The hall began to fill. The whole place was atwitter as people greeted one another and shared the morning news. Ben didn’t hear any mentions of dragon sightings. That was a relief.
“Hi.” Someone nudged Ben’s arm. A girl with long blond hair and bright green eyes slid onto the bench next to him. The girl was Pearl Petal, his new friend and co-apprentice. Her green apron bore the slogan: YOU GET MORE AT THE DOLLAR STORE. “What’s going on?”
“I don’t know,” Ben told her. “We never have emergency meetings back in Los Angeles.”
“Oh, we have them all the time. When the Food 4 Less Market ran out of ice cream right in the middle of a heat wave, people went berserk, so there was a meeting about that. When your grandfather’s cat ate Mr. Mutt’s koi fish, there was another meeting. Last week, Mr. Filbert forgot to take his memory pills and he didn’t come home for dinner. The town went on a flashlight search. We found him cuddling with a raccoon in the park. He thought it was his cat!” She laughed so hard she snorted.
Ben looked around. No one was paying particular attention to him. This would be a good time to tell Pearl about the dragon. “Hey, Pearl,” he said. “Last night—”
“Listen up!” a voice holl
ered. Everyone went silent as a woman hurried down the center aisle and climbed onto the stage. Her overalls were as red as a radish, nearly matching the color of her frizzy hair, which was held down by a baseball cap. When she put a megaphone to her lips, her voice blasted out with hurricane force. “Can you hear me?”

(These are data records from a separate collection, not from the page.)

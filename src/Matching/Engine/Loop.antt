-- ===== src/Matching/Engine/Loop.antt =====
-- The invariant of the matching loop, and what one exchange and the whole loop keep.
use lumendark.Common.{
  ℕ, ◌≤◌, ◌≡◌, ◌≢◌, refl, sym, ◌∙◌, true, false, some, List, [], ◌∷◌, ◌++◌, arith, ◌==◌, ℤ, pos,
  ◌+ℤ◌, ◌-ℤ◌, ◌≤ℤ◌, leb_ℤ, int_laws, Bool-cases, inl, inr, Decimal, Each, Each-map, Each-both,
  Each-append, Distinct, eq→==,
}
use lumendark.Common.Dict.{lookup}
use lumendark.Common.Dict.Sum.{All-lookup}
use lumendark.Models.Order.{Order, Asset, OrderSide, buy, sell, fill, remaining_quantity, is_active}
use lumendark.Models.Order.Laws.{remaining_quantity-fill}
use lumendark.Models.Trade.{Trade}
use lumendark.Models.Trade
use lumendark.Storage.OrderBook.{OrderBook}
use lumendark.Storage.OrderBook.Invariant.{IsBook}
use lumendark.Storage.OrderBook.Locked.{lock, locked}
use lumendark.Storage.UserStore.Cover.{Demand}
use lumendark.Matching.Engine.{
  Run, TradeOf, buy_trade, sell_trade, trade_quantity, execute, match_resting, match_loop,
}
use lumendark.Matching.Engine.Filling.{
  fill_resting-IsBook, lookup-fill_resting_ne, locked-fill_resting,
}
use lumendark.Matching.Engine.Owed.{
  pending, pending-append, opposite, Crosses, taker_trade, exchange,
}

-- The three ways of a round.
module _ (trade : TradeOf) (s : Run) (r : Order) (rest : List Order) where
  pub match_loop_stop :
      leb_ℤ (remaining_quantity s.incoming) (pos 0) ≡ true → match_loop trade s (r ∷ rest) ≡ s
  unfolding match_loop
  match_loop_stop e = rw (match_loop, e)

  pub match_loop_self :
      leb_ℤ (remaining_quantity s.incoming) (pos 0) ≡ false
      → r.user_address == s.incoming.user_address ≡ true
      → match_loop trade s (r ∷ rest) ≡ match_loop trade s rest
  unfolding match_loop
  match_loop_self e f = rw (match_loop, e, match_resting, f)

  pub match_loop_next :
      leb_ℤ (remaining_quantity s.incoming) (pos 0) ≡ false
      → r.user_address == s.incoming.user_address ≡ false
      → match_loop trade s (r ∷ rest) ≡ match_loop trade (execute trade s r) rest
  unfolding match_loop
  match_loop_next e f = rw (match_loop, e, match_resting, f)

-- The quantity that trades move.
unfoldable pub volume : List Trade → Decimal
volume [] = pos 0
volume (t ∷ ts) = t.quantity +ℤ volume ts

pub volume-append : (ts us : List Trade) → volume (ts ++ us) ≡ volume ts +ℤ volume us
unfolding volume
volume-append [] us = omega int_laws
volume-append (t ∷ ts) us = rw (volume-append ts us) (omega int_laws)

abbrev pub taker_address : OrderSide → Trade → ℕ
taker_address buy t = t.buyer_address
taker_address sell t = t.seller_address

abbrev pub maker_address : OrderSide → Trade → ℕ
maker_address buy t = t.seller_address
maker_address sell t = t.buyer_address

-- A trade that an order of the given side, price and user may make.
pub record IsTrade (side : OrderSide) (limit : Decimal) (user : ℕ) (t : Trade) : Type 0 where
  pub priced : pos 1 ≤ℤ t.price
  pub moves : pos 1 ≤ℤ t.quantity
  pub crosses : Crosses side limit t.price
  pub taker : taker_address side t ≡ user
  pub maker : maker_address side t ≢ user

-- A resting order that the loop may meet.
pub record IsCandidate (side : OrderSide) (limit : Decimal) (book : OrderBook) (r : Order)
    : Type 0 where
  pub found : lookup r.id book.orders ≡ some r
  pub other_side : r.side ≡ opposite side
  pub crosses : Crosses side limit r.price

-- What the loop keeps, for the order as it came in, and a bound on all that is locked or owed.
pub record IsRun (side : OrderSide) (next : ℕ) (order : Order) (bound : Demand) (s : Run)
    : Type 0 where
  pub book : IsBook next s.book
  pub side_kept : s.incoming.side ≡ side
  pub price_kept : s.incoming.price ≡ order.price
  pub user_kept : s.incoming.user_address ≡ order.user_address
  pub id_kept : s.incoming.id ≡ order.id
  pub active : pos 1 ≤ℤ remaining_quantity s.incoming → is_active s.incoming ≡ true
  pub left : pos 0 ≤ℤ remaining_quantity s.incoming
  pub owed :
      (v : ℕ) (y : Asset)
      → locked s.book v y +ℤ pending s.trades v y +ℤ lock s.incoming v y ≤ℤ bound v y
  pub trades : Each (IsTrade side order.price order.user_address) s.trades
  pub filled : volume s.trades +ℤ remaining_quantity s.incoming ≡ remaining_quantity order

filled_step : (w l q r : ℤ) → w +ℤ l ≡ r → w +ℤ (q +ℤ pos 0) +ℤ (l -ℤ q) ≡ r
filled_step w l q r e = rw (← e) (omega int_laws)

is_active-fill :
    (q : Decimal) (o : Order) → pos 1 ≤ℤ remaining_quantity (fill q o) → is_active (fill q o) ≡ true
unfolding is_active fill
is_active-fill q o h = ground arith

trade_quantity_fits :
    (i r : Order)
    → pos 1 ≤ℤ remaining_quantity i
    → pos 1 ≤ℤ remaining_quantity r
    → (pos 1 ≤ℤ trade_quantity i r)
      × (trade_quantity i r ≤ℤ remaining_quantity i)
      × (trade_quantity i r ≤ℤ remaining_quantity r)
trade_quantity_fits i r hi hr = ground arith

taker_trade-IsTrade :
    (side : OrderSide) (now : ℕ) (order : Order) (uuid : ℕ) (incoming r : Order) (q : Decimal)
    → pos 1 ≤ℤ r.price
    → pos 1 ≤ℤ q
    → Crosses side order.price r.price
    → incoming.user_address ≡ order.user_address
    → r.user_address ≢ order.user_address
    → IsTrade side order.price order.user_address (taker_trade side now uuid incoming r q)
unfolding buy_trade sell_trade Trade.create
taker_trade-IsTrade buy now order uuid incoming r q priced moves crosses same stranger = record {
  priced = priced;
  moves = moves;
  crosses = crosses;
  taker = same;
  maker = stranger;
}
taker_trade-IsTrade sell now order uuid incoming r q priced moves crosses same stranger = record {
  priced = priced;
  moves = moves;
  crosses = crosses;
  taker = same;
  maker = stranger;
}

quantity-taker_trade :
    (side : OrderSide) (now uuid : ℕ) (incoming r : Order) (q : Decimal)
    → (taker_trade side now uuid incoming r q).quantity ≡ q
unfolding buy_trade sell_trade Trade.create
quantity-taker_trade buy now uuid incoming r q = refl
quantity-taker_trade sell now uuid incoming r q = refl

module _ (side : OrderSide) (now next : ℕ) (order : Order) (bound : Demand) where
  -- One exchange keeps the invariant.
  pub execute-IsRun :
      (s : Run) (r : Order)
      → IsRun side next order bound s
      → IsCandidate side order.price s.book r
      → pos 1 ≤ℤ remaining_quantity s.incoming
      → r.user_address ≢ order.user_address
      → IsRun side next order bound (execute (taker_trade side now) s r)
  unfolding execute
  execute-IsRun s r h c more stranger =
      let rest = All-lookup _ r.id r s.book.orders h.book.resting c.found in
      let fits = trade_quantity_fits s.incoming r more rest.remains in
      let q = trade_quantity s.incoming r in
      let t = taker_trade side now s.next s.incoming r q in
      record {
        book = fill_resting-IsBook q r s.book h.book c.found fits.2;
        side_kept = unfold fill in h.side_kept;
        price_kept = unfold fill in h.price_kept;
        user_kept = unfold fill in h.user_kept;
        id_kept = unfold fill in h.id_kept;
        active = is_active-fill q s.incoming;
        left = rw remaining_quantity-fill (omega (int_laws, fits.1));
        owed = λ v y.
            rw
              (
                locked-fill_resting q r s.book h.book c.found v y,
                pending-append s.trades (t ∷ []) v y,
              )
              (unfold pending in
                omega (
                  int_laws,
                  h.owed v y,
                  exchange side now s.next s.incoming r q h.side_kept c.other_side
                      (rw h.price_kept c.crosses) (omega (arith, fits.0)) v y,
                ));
        trades = Each-append _ s.trades (t ∷ []) h.trades (
          taker_trade-IsTrade side now order s.next s.incoming r q rest.priced fits.0 c.crosses
              h.user_kept stranger,
          tt,
        );
        filled =
            rw (volume-append s.trades (t ∷ []), remaining_quantity-fill q s.incoming)
              (unfold volume in
                rw (quantity-taker_trade side now s.next s.incoming r q)
                  (filled_step _ _ _ _ h.filled));
      }

  -- The rest of the loop's orders are as they were.
  pub execute-IsCandidate :
      (s : Run) (r o : Order)
      → IsRun side next order bound s
      → IsCandidate side order.price s.book r
      → o.id ≢ r.id
      → IsCandidate side order.price s.book o
      → IsCandidate side order.price (execute (taker_trade side now) s r).book o
  unfolding execute
  execute-IsCandidate s r o h c ne co = record {
    found =
        lookup-fill_resting_ne (trade_quantity s.incoming r) r s.book h.book c.found o.id ne
        ∙ co.found;
    other_side = co.other_side;
    crosses = co.crosses;
  }

  pub match_loop-IsRun :
      (rest : List Order) (s : Run)
      → IsRun side next order bound s
      → Each (IsCandidate side order.price s.book) rest
      → Distinct (λ o. o.id) rest
      → IsRun side next order bound (match_loop (taker_trade side now) s rest)
  match_loop-IsRun [] s h cs d = unfold match_loop in h
  match_loop-IsRun (r ∷ rest) s h cs d =
      elim (Bool-cases (leb_ℤ (remaining_quantity s.incoming) (pos 0))) [
        | inl stop ↦ rw (match_loop_stop (taker_trade side now) s r rest stop) h
        | inr more ↦ elim (Bool-cases (r.user_address == s.incoming.user_address)) [
          | inl self ↦
              rw (match_loop_self (taker_trade side now) s r rest more self)
                (match_loop-IsRun rest s h cs.1 d.1)
          | inr stranger ↦ rw (match_loop_next (taker_trade side now) s r rest more stranger) (
              match_loop-IsRun rest (execute (taker_trade side now) s r)
                (execute-IsRun s r h cs.0 (ground arith) (λ e.
                  cc
                    (stranger, eq→== r.user_address s.incoming.user_address (e ∙ sym h.user_kept))))
                (Each-map _ _ (λ o p. execute-IsCandidate s r o h cs.0 p.0 p.1) rest
                  (Each-both _ _ rest d.0 cs.1))
                d.1)
        ]
      ]

  next-execute : (s : Run) (r : Order) → s.next ≤ (execute (taker_trade side now) s r).next
  unfolding execute
  next-execute s r = omega arith

  pub next-match_loop :
      (rest : List Order) (s : Run) → s.next ≤ (match_loop (taker_trade side now) s rest).next
  next-match_loop [] s = unfold match_loop in omega arith
  next-match_loop (r ∷ rest) s = elim (Bool-cases (leb_ℤ (remaining_quantity s.incoming) (pos 0))) [
    | inl stop ↦ rw (match_loop_stop (taker_trade side now) s r rest stop) (omega arith)
    | inr more ↦ elim (Bool-cases (r.user_address == s.incoming.user_address)) [
      | inl self ↦
          rw (match_loop_self (taker_trade side now) s r rest more self) (next-match_loop rest s)
      | inr stranger ↦ rw (match_loop_next (taker_trade side now) s r rest more stranger) (
          omega
            (arith, next-execute s r, next-match_loop rest (execute (taker_trade side now) s r)))
    ]
  ]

“Too loud!” everyone replied, fingers plugging ears. “Too loud!” A bunch of hearing aids shrieked in protest.
She set the megaphone aside and put her hands on her hips. “Very well. Now, let’s get down to the business at hand. As you all know, I am Martha Mulberry, president of the Welcome Wagon Committee, and this is my lovely daughter, Victoria.” She pointed to a girl sitting in a corner of the stage, reading a book. “Say hello to everyone, Victoria.”
“Hello, everyone,” Victoria said, not bothering to look up from her book. Her frizzy red hair was pulled into two pigtails set so high on her head they looked like rabbit ears. She was dressed in the same red overalls as her mother.
“It has come to my attention that we have an emergency,” Mrs. Mulberry said. “This morning, as I was peering through my binoculars, checking on my neighbors, I noticed that Mr. Bumfrickle’s garbage can was missing.”
Pearl elbowed Ben. “A missing garbage can,” she whispered. “Phew. I thought it was going to be something about Dr. Woo.”
Ben had been worried about the same thing. “Uh, Pearl…” He scooted so close he could smell her peppermint gum. “Last night—”
“Attention!” Mrs. Mulberry clapped her hands, then continued her explanation. “After discovering the missing can, I began my morning walk so I could inspect the neighborhood. That’s when I noticed that my mailbox was missing.” She cleared her throat. “Buttonville citizens, there is a thief in our midst.”